◆ **ASSIGNMENT**
In the listing below, the lines starting with the line with "else if s.vm_enable == 0" and going on through the line with "lock_status = λ _. unused_lock;" are to be reproduced exactly, and only those.

◆ **GIVEN RECORDS**
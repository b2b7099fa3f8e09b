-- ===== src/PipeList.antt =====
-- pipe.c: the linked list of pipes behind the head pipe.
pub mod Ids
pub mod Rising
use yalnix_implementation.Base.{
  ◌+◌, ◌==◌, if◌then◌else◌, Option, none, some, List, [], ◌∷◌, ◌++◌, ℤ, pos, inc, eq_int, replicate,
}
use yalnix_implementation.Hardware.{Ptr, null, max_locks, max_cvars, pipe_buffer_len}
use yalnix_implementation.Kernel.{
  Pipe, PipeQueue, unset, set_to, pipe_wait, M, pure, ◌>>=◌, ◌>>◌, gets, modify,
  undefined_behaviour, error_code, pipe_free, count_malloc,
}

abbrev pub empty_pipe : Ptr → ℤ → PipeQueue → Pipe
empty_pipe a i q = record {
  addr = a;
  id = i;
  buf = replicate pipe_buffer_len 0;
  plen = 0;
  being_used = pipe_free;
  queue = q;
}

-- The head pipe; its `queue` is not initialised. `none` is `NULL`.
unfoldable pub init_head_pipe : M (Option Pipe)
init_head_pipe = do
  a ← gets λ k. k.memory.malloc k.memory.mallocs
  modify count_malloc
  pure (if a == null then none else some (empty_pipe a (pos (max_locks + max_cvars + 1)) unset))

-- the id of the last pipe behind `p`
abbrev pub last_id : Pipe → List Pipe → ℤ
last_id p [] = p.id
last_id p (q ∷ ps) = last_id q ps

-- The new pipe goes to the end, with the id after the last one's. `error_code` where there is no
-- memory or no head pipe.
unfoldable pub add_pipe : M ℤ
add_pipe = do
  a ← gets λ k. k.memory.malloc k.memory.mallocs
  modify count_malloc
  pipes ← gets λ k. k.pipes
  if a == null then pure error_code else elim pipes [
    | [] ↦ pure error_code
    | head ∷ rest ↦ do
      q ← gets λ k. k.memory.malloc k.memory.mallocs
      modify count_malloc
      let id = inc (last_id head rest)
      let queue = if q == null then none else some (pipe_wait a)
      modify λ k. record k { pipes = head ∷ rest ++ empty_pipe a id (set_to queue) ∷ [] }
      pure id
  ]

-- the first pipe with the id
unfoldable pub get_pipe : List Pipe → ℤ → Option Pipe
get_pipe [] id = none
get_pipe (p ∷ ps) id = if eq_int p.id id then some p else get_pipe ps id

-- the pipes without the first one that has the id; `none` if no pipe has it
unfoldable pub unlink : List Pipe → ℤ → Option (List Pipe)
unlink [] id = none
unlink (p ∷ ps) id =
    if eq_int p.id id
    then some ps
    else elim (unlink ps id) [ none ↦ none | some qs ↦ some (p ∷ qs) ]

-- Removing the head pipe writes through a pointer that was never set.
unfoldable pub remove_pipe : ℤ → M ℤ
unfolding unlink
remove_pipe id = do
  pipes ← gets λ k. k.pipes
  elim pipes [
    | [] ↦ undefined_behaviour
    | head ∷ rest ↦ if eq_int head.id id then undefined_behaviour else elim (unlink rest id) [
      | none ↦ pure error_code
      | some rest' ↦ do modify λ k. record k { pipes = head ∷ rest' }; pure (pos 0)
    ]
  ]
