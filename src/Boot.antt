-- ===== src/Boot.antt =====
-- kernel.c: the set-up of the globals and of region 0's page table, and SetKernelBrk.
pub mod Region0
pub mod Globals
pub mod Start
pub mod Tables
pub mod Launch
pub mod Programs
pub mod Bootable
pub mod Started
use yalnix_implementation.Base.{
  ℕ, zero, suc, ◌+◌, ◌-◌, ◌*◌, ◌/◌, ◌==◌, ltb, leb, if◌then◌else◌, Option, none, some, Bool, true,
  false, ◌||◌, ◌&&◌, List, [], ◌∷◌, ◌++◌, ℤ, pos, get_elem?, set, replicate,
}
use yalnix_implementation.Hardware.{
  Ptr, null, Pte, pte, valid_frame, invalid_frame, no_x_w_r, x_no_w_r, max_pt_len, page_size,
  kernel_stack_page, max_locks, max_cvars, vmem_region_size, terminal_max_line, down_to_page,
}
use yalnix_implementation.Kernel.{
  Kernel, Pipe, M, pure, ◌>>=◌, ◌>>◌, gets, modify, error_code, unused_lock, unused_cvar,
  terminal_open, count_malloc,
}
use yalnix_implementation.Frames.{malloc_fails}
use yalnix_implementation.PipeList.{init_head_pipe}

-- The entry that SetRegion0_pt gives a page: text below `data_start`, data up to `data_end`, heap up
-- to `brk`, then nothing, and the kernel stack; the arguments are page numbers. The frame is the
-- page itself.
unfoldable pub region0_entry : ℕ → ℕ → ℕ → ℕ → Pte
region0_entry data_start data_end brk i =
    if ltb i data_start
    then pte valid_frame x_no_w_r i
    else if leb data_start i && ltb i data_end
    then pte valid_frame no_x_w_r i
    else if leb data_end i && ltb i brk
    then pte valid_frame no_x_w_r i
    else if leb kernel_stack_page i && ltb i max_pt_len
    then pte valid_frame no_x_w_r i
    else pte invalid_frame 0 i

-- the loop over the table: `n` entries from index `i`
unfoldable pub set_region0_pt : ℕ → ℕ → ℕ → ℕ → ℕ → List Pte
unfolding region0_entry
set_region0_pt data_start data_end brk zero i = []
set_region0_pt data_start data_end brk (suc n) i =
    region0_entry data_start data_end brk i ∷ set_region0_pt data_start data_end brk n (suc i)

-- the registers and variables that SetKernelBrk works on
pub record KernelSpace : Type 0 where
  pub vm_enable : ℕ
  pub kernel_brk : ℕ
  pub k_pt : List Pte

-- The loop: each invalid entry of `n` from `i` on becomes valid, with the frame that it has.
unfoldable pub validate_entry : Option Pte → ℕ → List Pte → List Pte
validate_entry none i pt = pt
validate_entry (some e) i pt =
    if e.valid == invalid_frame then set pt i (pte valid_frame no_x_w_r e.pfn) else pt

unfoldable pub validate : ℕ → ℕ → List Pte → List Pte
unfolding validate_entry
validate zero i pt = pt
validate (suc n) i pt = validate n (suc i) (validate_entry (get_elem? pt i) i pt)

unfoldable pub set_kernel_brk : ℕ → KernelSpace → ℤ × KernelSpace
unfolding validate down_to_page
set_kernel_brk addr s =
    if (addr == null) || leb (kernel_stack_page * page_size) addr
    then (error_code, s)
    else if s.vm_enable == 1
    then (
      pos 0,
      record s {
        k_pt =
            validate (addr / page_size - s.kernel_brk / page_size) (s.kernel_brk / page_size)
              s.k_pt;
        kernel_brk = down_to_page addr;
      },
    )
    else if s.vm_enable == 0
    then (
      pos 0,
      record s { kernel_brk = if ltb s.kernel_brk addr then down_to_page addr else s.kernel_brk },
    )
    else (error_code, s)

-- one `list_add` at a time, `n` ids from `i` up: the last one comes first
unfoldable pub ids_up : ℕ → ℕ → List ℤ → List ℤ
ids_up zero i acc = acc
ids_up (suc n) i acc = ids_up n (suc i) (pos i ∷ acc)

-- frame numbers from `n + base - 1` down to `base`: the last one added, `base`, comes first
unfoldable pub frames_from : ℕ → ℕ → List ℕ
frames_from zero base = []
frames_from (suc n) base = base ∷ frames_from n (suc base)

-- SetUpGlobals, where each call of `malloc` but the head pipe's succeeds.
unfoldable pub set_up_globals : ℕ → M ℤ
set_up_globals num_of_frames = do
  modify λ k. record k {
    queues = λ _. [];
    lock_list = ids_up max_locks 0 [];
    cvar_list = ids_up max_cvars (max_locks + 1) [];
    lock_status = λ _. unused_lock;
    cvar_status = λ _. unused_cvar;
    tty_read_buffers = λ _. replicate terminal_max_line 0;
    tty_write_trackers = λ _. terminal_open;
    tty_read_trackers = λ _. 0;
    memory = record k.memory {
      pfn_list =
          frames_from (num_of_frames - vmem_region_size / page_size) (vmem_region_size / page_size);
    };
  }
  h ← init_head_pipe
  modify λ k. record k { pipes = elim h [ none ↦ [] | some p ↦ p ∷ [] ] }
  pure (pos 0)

...

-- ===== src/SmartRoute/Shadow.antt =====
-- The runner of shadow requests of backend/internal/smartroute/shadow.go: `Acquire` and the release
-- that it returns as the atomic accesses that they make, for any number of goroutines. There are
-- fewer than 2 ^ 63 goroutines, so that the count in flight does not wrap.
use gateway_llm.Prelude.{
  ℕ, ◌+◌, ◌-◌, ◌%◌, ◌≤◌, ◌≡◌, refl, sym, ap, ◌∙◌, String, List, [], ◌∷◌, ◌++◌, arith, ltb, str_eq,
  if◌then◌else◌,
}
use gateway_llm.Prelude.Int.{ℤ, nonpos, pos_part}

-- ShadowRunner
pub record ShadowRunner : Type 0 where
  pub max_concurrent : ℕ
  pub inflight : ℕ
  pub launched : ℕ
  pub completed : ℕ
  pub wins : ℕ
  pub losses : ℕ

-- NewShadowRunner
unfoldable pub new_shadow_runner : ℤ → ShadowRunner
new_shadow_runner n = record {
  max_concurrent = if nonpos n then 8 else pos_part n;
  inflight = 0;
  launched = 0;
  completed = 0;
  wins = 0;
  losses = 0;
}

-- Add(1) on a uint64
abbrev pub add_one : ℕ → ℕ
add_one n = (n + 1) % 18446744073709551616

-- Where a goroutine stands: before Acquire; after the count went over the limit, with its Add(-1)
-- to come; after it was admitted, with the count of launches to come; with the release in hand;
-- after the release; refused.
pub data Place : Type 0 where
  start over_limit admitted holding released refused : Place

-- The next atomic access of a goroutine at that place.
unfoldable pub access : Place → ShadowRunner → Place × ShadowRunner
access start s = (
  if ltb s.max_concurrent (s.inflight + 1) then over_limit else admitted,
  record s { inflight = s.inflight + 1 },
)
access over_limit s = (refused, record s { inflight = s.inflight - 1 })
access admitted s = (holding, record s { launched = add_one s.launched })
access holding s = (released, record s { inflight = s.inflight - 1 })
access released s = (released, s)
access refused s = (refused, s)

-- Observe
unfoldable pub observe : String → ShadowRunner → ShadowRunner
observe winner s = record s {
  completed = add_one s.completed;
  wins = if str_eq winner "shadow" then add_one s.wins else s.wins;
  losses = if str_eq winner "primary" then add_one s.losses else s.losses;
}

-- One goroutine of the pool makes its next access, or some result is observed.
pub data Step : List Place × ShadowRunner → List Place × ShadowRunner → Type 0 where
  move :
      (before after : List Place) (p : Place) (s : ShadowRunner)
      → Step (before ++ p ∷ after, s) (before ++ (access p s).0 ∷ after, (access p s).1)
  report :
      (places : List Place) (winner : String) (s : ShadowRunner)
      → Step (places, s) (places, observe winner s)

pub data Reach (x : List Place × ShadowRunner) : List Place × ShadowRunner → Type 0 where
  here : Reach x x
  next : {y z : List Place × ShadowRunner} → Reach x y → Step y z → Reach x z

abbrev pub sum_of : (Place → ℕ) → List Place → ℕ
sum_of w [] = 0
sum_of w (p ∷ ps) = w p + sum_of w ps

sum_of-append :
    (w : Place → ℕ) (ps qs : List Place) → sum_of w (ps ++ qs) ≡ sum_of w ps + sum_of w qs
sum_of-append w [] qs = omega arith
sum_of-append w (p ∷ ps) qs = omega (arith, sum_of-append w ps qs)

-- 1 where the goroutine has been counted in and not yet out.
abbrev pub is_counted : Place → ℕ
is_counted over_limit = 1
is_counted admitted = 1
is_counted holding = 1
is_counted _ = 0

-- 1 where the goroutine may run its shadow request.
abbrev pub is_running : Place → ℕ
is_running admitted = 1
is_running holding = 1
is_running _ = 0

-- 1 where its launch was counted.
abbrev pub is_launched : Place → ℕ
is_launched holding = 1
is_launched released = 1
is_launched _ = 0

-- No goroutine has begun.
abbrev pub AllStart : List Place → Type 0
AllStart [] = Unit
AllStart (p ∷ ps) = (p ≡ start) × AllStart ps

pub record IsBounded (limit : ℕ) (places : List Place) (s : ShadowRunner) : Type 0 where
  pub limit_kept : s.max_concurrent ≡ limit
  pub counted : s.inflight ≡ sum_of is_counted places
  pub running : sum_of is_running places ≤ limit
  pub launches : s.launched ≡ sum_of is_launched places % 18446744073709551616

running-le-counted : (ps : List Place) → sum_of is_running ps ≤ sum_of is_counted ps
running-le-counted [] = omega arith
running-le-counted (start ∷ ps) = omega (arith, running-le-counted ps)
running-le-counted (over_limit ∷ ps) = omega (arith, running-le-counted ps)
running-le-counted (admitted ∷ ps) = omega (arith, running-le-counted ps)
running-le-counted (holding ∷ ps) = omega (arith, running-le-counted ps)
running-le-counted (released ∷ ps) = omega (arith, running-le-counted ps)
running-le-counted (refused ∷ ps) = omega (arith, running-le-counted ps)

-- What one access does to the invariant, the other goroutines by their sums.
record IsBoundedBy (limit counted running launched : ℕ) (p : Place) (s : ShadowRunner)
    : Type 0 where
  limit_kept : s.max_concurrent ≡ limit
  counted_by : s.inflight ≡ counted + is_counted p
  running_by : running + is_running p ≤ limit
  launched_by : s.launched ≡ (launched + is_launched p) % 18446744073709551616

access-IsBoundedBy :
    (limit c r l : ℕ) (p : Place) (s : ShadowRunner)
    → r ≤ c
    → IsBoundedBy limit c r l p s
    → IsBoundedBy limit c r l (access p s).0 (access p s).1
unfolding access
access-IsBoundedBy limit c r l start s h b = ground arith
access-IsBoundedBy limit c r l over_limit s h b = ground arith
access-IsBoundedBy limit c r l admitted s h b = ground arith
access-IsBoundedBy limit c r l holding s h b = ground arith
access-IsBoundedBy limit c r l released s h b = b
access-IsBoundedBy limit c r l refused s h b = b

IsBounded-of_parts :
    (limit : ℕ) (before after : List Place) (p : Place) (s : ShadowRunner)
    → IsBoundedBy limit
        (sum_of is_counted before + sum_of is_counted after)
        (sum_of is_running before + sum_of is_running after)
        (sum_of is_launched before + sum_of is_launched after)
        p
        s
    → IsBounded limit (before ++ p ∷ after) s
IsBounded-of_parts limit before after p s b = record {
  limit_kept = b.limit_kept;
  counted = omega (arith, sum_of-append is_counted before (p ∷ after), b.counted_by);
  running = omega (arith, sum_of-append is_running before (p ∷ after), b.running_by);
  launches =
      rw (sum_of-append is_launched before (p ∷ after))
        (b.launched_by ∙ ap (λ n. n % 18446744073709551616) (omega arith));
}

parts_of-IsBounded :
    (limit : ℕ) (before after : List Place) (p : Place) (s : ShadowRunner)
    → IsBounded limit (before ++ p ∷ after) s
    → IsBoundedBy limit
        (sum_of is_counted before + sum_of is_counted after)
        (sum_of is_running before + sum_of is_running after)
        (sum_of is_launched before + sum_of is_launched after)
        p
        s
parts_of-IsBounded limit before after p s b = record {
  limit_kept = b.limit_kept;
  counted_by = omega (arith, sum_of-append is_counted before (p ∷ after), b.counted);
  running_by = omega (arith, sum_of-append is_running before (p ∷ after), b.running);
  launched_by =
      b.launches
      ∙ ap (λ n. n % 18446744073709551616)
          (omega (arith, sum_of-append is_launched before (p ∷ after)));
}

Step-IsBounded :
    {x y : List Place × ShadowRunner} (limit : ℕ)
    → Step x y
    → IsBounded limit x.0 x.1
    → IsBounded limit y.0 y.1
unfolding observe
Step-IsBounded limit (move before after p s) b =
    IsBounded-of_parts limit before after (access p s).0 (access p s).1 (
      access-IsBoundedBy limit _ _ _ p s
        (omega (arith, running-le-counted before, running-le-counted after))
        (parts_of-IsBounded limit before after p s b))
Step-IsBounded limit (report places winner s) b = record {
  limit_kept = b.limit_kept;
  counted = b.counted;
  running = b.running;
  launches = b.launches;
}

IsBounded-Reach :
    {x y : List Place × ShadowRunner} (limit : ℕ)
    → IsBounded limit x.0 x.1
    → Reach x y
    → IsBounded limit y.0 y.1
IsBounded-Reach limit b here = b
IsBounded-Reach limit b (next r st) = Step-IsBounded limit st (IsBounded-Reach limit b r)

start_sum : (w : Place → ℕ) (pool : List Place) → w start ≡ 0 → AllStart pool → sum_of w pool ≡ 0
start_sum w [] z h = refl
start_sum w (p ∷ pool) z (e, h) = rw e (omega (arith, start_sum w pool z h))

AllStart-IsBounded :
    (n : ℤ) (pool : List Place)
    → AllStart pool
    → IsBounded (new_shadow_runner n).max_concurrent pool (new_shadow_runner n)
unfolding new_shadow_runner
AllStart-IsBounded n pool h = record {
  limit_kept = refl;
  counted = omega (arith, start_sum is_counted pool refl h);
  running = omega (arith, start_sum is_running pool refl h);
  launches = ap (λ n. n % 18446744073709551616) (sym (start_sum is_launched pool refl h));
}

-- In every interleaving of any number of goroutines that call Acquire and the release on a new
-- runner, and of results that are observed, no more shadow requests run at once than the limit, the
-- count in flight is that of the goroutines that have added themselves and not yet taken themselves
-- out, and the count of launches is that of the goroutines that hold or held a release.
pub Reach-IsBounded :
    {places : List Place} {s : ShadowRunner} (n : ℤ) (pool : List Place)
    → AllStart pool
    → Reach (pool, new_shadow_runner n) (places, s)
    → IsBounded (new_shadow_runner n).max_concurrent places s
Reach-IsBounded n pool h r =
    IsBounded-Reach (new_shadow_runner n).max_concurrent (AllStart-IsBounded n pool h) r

◆ **OUTPUT BELOW**
    else if s.vm_enable == 0
    then (
      pos 0,
      record s { kernel_brk = if ltb s.kernel_brk addr then down_to_page addr else s.kernel_brk },
    )
    else (error_code, s)

-- one `list_add` at a time, `n` ids from `i` up: the last one comes first
unfoldable pub ids_up : ℕ → ℕ → List ℤ → List ℤ
ids_up zero i acc = acc
ids_up (suc n) i acc = ids_up n (suc i) (pos i ∷ acc)

-- frame numbers from `n + base - 1` down to `base`: the last one added, `base`, comes first
unfoldable pub frames_from : ℕ → ℕ → List ℕ
frames_from zero base = []
frames_from (suc n) base = base ∷ frames_from n (suc base)

-- SetUpGlobals, where each call of `malloc` but the head pipe's succeeds.
unfoldable pub set_up_globals : ℕ → M ℤ
set_up_globals num_of_frames = do
  modify λ k. record k {
    queues = λ _. [];
    lock_list = ids_up max_locks 0 [];
    cvar_list = ids_up max_cvars (max_locks + 1) [];
    lock_status = λ _. unused_lock;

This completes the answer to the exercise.